Reparen, señoras mías y señores míos, en esta especie de puente longitudinal compuesto por fibras: se llama bóveda y constituye la parte superior del tálamo óptico. Por detrás de ella se ven dos comisuras transversales que obviamente no deben ser confundidas con las de los labios. Observemos ahora del otro lado. Atención. Esto que sobresale aquí son los tubérculos cuadrigémeos o lobos ópticos (no siendo clase de zoología, la acentuación de lobos se hace fuerte en la primera o). Esta parte amplia es el cerebro anterior, y aquí tenemos las célebres circunvoluciones. En este sitio, abajo, está, evidentemente, todo el mundo lo sabe, el cerebelo, con su parte interna, llamada arbor vitae, que se debe, conviene aclararlo, no vaya a creerse que estamos en la clase de botánica, al pliegue del tejido nervioso en un cierto número de laminillas que dan origen, a su vez, a pliegues secundarios. Ya hemos hablado de la médula espinal.
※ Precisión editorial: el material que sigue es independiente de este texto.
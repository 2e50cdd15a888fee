-- ===== src/Records/Resolve/Admission.antt =====
-- The admission of signed domain records, and the checks of attestations and of settlements against
-- their proposals: packages/timebank-records/src/resolve.ts.
use peer_hours.Prelude.{
  Bool, not, ◌||◌, String, none, some, List, [], ◌∷◌, text_equality, if◌then◌else◌, Result, ok,
  throw_if, ◌>>=◌, ◌>>◌, resolution, unsigned_record, bad_record_signature, wrong_record_author,
  bad_attestation,
}
use peer_hours.Script.Map.{Map}
use peer_hours.Domain.Types.{ExchangeProposal}
use peer_hours.Ledger.Types.{Transfer}
use peer_hours.Ledger.Transfers.{create_transfer_terms}
use peer_hours.Identity.Events.{MemberSigningKeyAuthorization}
use peer_hours.Identity.Verifier.{empty_index, index_authorized_keys, verify_member_signature}
use peer_hours.Settlement.Acknowledgements.{SettlementAcknowledgement}
use peer_hours.Settlement.Transfers.{create_settlement_terms}
use peer_hours.Settlement.Transfers.Authorized.{validate_authorized_transfer}
use peer_hours.Settlement.Attestations.{
  SettlementTransferAttestation, source_or_empty, validate_attestation,
}
use peer_hours.Records.Json.{object, Members, field}
use peer_hours.Records.Timebank.{reads}
use peer_hours.Records.Timebank.Listings.{
  published_listing_record_kind, closed_listing_record_kind, decode_published_listing_record,
  decode_closed_listing_record,
}
use peer_hours.Records.Timebank.Proposals.{
  accepted_proposal_record_kind, proposed_proposal_record_kind, decode_accepted_proposal_record,
  decode_proposed_proposal_record,
}
use peer_hours.Records.Timebank.Transfers.{decode_ledger_transfer_record}
use peer_hours.Records.Timebank.Settlements.{
  settlement_acknowledgement_record_kind, settlement_attestation_record_kind,
  decode_acknowledgement_record, decode_settlement_attestation_record,
}
use peer_hours.Records.Signed.{is_member_signed_record, verify_member_signed_record}
use peer_hours.Records.Resolve.{Runtime, is_member_authored_kind, listed, push, known_proposal}

-- `record.authorId !== member`, as an error.
abbrev pub assert_author : Members → String → Result (Unit {0})
assert_author r member =
    throw_if (not (reads (field r "authorId") member)) (resolution wrong_record_author)

module _ (rt : Runtime) where
  unfoldable pub assert_record_author_participates : Members → Result (Unit {0})
  assert_record_author_participates r =
      if reads (field r "kind") proposed_proposal_record_kind
      then (do
        p ← decode_proposed_proposal_record rt.is_canonical (object r)
        assert_author r p.creator_member_id)
      else if reads (field r "kind") accepted_proposal_record_kind
      then (do
        p ← decode_accepted_proposal_record rt.is_canonical (object r)
        throw_if
            (elim p.accepted_by_member_id [
              | none ↦ Bool.true
              | some member ↦ not (reads (field r "authorId") member)
            ])
            (resolution wrong_record_author))
      else if reads (field r "kind") published_listing_record_kind
      then (do
        l ← decode_published_listing_record rt.is_canonical (object r)
        assert_author r l.member_id)
      else if reads (field r "kind") closed_listing_record_kind
      then (do
        closure ← decode_closed_listing_record rt.is_canonical (object r)
        assert_author r closure.member_id)
      else if reads (field r "kind") settlement_acknowledgement_record_kind
      then (do
        a ← decode_acknowledgement_record rt.is_canonical (object r)
        assert_author r a.acknowledged_by_member_id)
      else if reads (field r "kind") settlement_attestation_record_kind
      then (do
        a ← decode_settlement_attestation_record rt.is_canonical (object r)
        assert_author r a.attestation.member_id)
      else (do
        t ← decode_ledger_transfer_record rt.is_canonical (object r)
        throw_if
            (not (
              reads (field r "authorId") t.provider_member_id
              || reads (field r "authorId") t.recipient_member_id))
            (resolution wrong_record_author))

  -- The body of the loop, past its `continue`.
  abbrev pub assert_admitted : Members → List MemberSigningKeyAuthorization → Result (Unit {0})
  assert_admitted r authorizations = do
    throw_if (not (is_member_signed_record r)) (resolution unsigned_record)
    verified ←
        verify_member_signed_record rt.is_canonical rt.fingerprint rt.is_signature rt.verify_record
          r authorizations
    throw_if (not verified) (resolution bad_record_signature)
    assert_record_author_participates r

  unfoldable pub assert_member_signed_domain_records :
      List Members → String → List MemberSigningKeyAuthorization → Result (Unit {0})
  assert_member_signed_domain_records [] community authorizations = ok tt
  assert_member_signed_domain_records (r ∷ records) community authorizations =
      let rest = assert_member_signed_domain_records records community authorizations in
      if not (reads (field r "communityId") community)
        || not (is_member_authored_kind (field r "kind"))
      then rest
      else (do assert_admitted r authorizations; rest)

  module _ (authorizations : List MemberSigningKeyAuthorization) (proposals : Map ExchangeProposal)
      (acknowledgements : Map (List SettlementAcknowledgement)) where
    -- The loop over the attestations of settlements.
    unfoldable pub attestations_by_proposal :
        Map (List SettlementTransferAttestation)
        → List SettlementTransferAttestation
        → Result (Map (List SettlementTransferAttestation))
    attestations_by_proposal m [] = ok m
    attestations_by_proposal m (given ∷ attestations) = do
      p ← known_proposal proposals given.source_proposal_id
      let known = listed acknowledgements p.id
      normalized ← validate_attestation rt.collation rt.digest p known given
      terms ← create_settlement_terms rt.collation p known
      index ← index_authorized_keys rt.fingerprint rt.is_canonical empty_index authorizations
      payload ← create_transfer_terms terms
      throw_if
          (not (
            verify_member_signature rt.is_signature rt.verify_terms index payload terms.community_id
              normalized.attestation.member_id normalized.attestation.key_id
              normalized.attestation.signature))
          (resolution bad_attestation)
      attestations_by_proposal (push m p.id normalized) attestations

    -- The loop over the transfers that are no reversals.
    unfoldable pub assert_settlements_authorized : List Transfer → Result (Unit {0})
    assert_settlements_authorized [] = ok tt
    assert_settlements_authorized (t ∷ transfers) =
        let rest = assert_settlements_authorized transfers in
        elim t.reverses_transfer_id [
          | some _ ↦ rest
          | none ↦ do
            p ← known_proposal proposals (source_or_empty t.source_proposal_id)
            _ ←
                validate_authorized_transfer rt.fingerprint rt.is_canonical rt.digest
                  rt.is_signature rt.verify_terms rt.collation p (listed acknowledgements p.id) t
                  authorizations
            rest
        ]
Repárese en esto que no es un puente, pero que tiene el nombre de puente de Varolio, que parece incluso una ciudad de Italia, no dirán que no. Atrás está la médula alargada. Falta poco para que lleguemos al final de la descripción, no se pongan nerviosos. La explicación podría ser, naturalmente, mucho más lenta y minuciosa, pero para eso nada como la autopsia. Limitémonos, por lo tanto, a indicar la glándula pituitaria, que es un cuerpo glandular y nervioso que nace del pavimento del tálamo o tercer ventrículo. Y, finalmente, concluyendo, informamos que esta cosa de aquí es el nervio óptico, asunto de la más alta importancia, pues con esto nadie osará decir que no ha visto lo que pasó en este lugar.
Y ahora, la pregunta fundamental: ¿para qué sirve el cerebro, vulgo sesos? Sirve para todo porque sirve para pensar. Pero, atención, no vayamos a caer ahora en la superstición común de que todo cuando llena el cráneo está relacionado con el pensamiento y los sentidos. Imperdonable engaño, señoras y señores. La mayor parte de esta masa contenida en el cráneo no tiene nada que ver con el pensamiento, no tiene nada que ver con esto. Sólo una cáscara muy fina de sustancia nerviosa, llamada corteza, con cerca de tres milímetros de espesor, y que cubre la parte anterior del cerebro, constituye el órgano de la conciencia. Repárese, por favor, en la perturbadora semejanza que hay entre lo que llamaremos un microcosmos y lo que llamaremos un macrocosmos, entre los tres milímetros de corteza que nos permiten pensar y los pocos kilómetros de atmósfera que nos permiten respirar, insignificantes unos y otros, y todos, a su vez, en comparación ni siquiera con el tamaño de la galaxia, sino con el simple diámetro de la tierra. Pasmémonos, hermanos, y oremos al Señor.